■ Items from a data source ■

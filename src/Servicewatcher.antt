-- ===== src/Servicewatcher.antt =====
-- pkg/controllers/servicewatcher: annotations.go, controller.go and reverse_sync.go. The answer of
-- `TargetPort.IntValue` is a bit pattern of 64 bits. `ParseQuantity`, the decoder of JSON and `DeepEqual`
-- are parameters.
pub mod Sibling
pub mod Settled
mod Tests
use frp_operator.Prelude.{
  ℕ, String, Bool, true, false, ◌&&◌, not, Option, none, some, List, [], ◌∷◌, ◌++◌, string_eq,
  nat_eq, ◌==◌, is_some, map, Result, ok, err, ◌>>=◌, if◌then◌else◌,
}
use frp_operator.Prelude.Maps.{lookup, insert, delete}
use frp_operator.Kube.{ApiError, is_not_found, ignore_not_found}
use frp_operator.Api.{
  ObjectMeta, Tunnel, TunnelSpec, TunnelPort, TunnelStatus, unset, Port, NodeSelectorRequirement,
  op_in, label_exit_pool, annotation_do_not_disrupt,
}
use frp_operator.Scheduling.Ports.{to_int32}
use frp_operator.Disruption.Methods.{text_at}

abbrev pub load_balancer_class : String
load_balancer_class = "frp.operator.io/frp"

abbrev pub label_managed_by_service : String
label_managed_by_service = "frp.operator.io/managed-by-service"

-- What the watcher reads of `corev1.Service`.
pub record ServicePort : Type 0 where
  pub name : String
  pub protocol : String
  pub port : Port
  pub target_port : ℕ

pub record Ingress : Type 0 where
  pub ip : String
  pub hostname : String

pub record Service : Type 0 where
  pub meta : ObjectMeta
  pub type : String
  pub class : Option String
  pub ports : List ServicePort
  pub ingress : List Ingress

-- An annotation or a call that fails, with its text.
pub data WatchError : Type 0 where
  bad_annotation : (label problem : String) → WatchError
  call_failed : ApiError → WatchError

pub record Parsers (Q : Type 0) : Type 0 where
  pub parse_quantity : String → Result String Q
  pub unmarshal : String → Result String (List NodeSelectorRequirement)
  pub spec_equal : TunnelSpec Q → TunnelSpec Q → Bool

-- `isOurService`.
unfoldable pub is_our_service : Service → Bool
is_our_service svc = elim (svc.type == "LoadBalancer") [
  | false ↦ false
  | true ↦ elim svc.class [ none ↦ false | some class ↦ class == load_balancer_class ]
]

-- The loop of `PortsFromService`.
pub port_from_service : ServicePort → TunnelPort
unfolding to_int32
port_from_service p = record {
  name = p.name;
  public_port = some p.port;
  service_port = if p.target_port == 0 then p.port else to_int32 p.target_port;
  protocol = if p.protocol == "" then "TCP" else p.protocol;
}

-- `copyDoNotDisrupt`.
unfoldable pub copy_do_not_disrupt : List (String × String) → List (String × String)
copy_do_not_disrupt a =
    let v = text_at annotation_do_not_disrupt a in
    if v == "" then [] else (annotation_do_not_disrupt, v) ∷ []

-- `annotationsEqual`.
unfoldable pub annotations_equal : List (String × String) → List (String × String) → Bool
annotations_equal a b = text_at annotation_do_not_disrupt a == text_at annotation_do_not_disrupt b

-- `loadBalancerEqual`.
pub load_balancer_equal : List Ingress → List Ingress → Bool
load_balancer_equal [] [] = true
load_balancer_equal [] (b ∷ bs) = false
load_balancer_equal (a ∷ as') [] = false
load_balancer_equal (a ∷ as') (b ∷ bs) =
    let rest = load_balancer_equal as' bs in
    if a.ip == b.ip && a.hostname == b.hostname then rest else false

module _ {Q : Type 0} (parsers : Parsers Q) where
  abbrev pub labelled : {A : Type 0} → String → Result String A → Result WatchError A
  labelled label (ok a) = ok a
  labelled label (err problem) = err (bad_annotation label problem)

  -- `addRequest` of `ParseAnnotations`.
  pub add_request : String → String → String → TunnelSpec Q → Result WatchError (TunnelSpec Q)
  add_request key raw label spec =
      if raw == ""
      then ok spec
      else labelled label (parsers.parse_quantity raw) >>= λ q.
          ok (record spec { requests = insert key q spec.requests })

  -- The requirements that are given as JSON.
  pub add_requirements : String → TunnelSpec Q → Result WatchError (TunnelSpec Q)
  add_requirements raw spec =
      if raw == ""
      then ok spec
      else labelled "requirements" (parsers.unmarshal raw) >>= λ rs.
          ok (record spec { requirements = rs })

  -- The shorthand for a pool.
  pub add_pool : String → TunnelSpec Q → TunnelSpec Q
  add_pool name spec = if name == "" then spec else record spec {
    requirements =
        spec.requirements
        ++ (record {
          key = label_exit_pool;
          operator = op_in;
          values = name ∷ [];
          min_values = none;
        }
            ∷ []);
  }

  abbrev pub empty_spec : TunnelSpec Q
  empty_spec = record { ports = []; requirements = []; exit_claim_ref = none; requests = [] }

  -- `ParseAnnotations`.
  pub parse_annotations : Service → Result WatchError (TunnelSpec Q)
  unfolding add_request add_requirements add_pool
  parse_annotations svc =
      let a = svc.meta.annotations in
      let pinned = text_at "frp.operator.io/exit-claim-ref" a in
      add_request "cpu" (text_at "frp.operator.io/resources.requests.cpu" a) "cpu" empty_spec
      >>= λ s1.
          add_request "memory" (text_at "frp.operator.io/resources.requests.memory" a) "memory" s1
          >>= λ s2.
              add_request "frp.operator.io/bandwidthMbps"
                (text_at "frp.operator.io/resources.requests.bandwidthMbps" a) "bandwidth" s2
              >>= λ s3.
                  add_request "frp.operator.io/monthlyTrafficGB"
                    (text_at "frp.operator.io/resources.requests.monthlyTrafficGB" a) "traffic" s3
                  >>= λ s4. add_requirements (text_at "frp.operator.io/requirements" a) s4 >>= λ s5.
                      let s6 = add_pool (text_at "frp.operator.io/exit-pool" a) s5 in
                      ok (if pinned == "" then s6 else record s6 { exit_claim_ref = some pinned })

■ Exercise goal ■
Restate, please, word for word the span of records running from the first line to the line bearing "pub mod Settled", both included, and nothing outside it.

■ Answer area ■
filename src/Servicewatcher.antt
-- ===== src/Servicewatcher.antt =====
-- pkg/controllers/servicewatcher: annotations.go, controller.go and reverse_sync.go. The answer of
-- `TargetPort.IntValue` is a bit pattern of 64 bits. `ParseQuantity`, the decoder of JSON and `DeepEqual`
-- are parameters.
pub mod Sibling
pub mod Settled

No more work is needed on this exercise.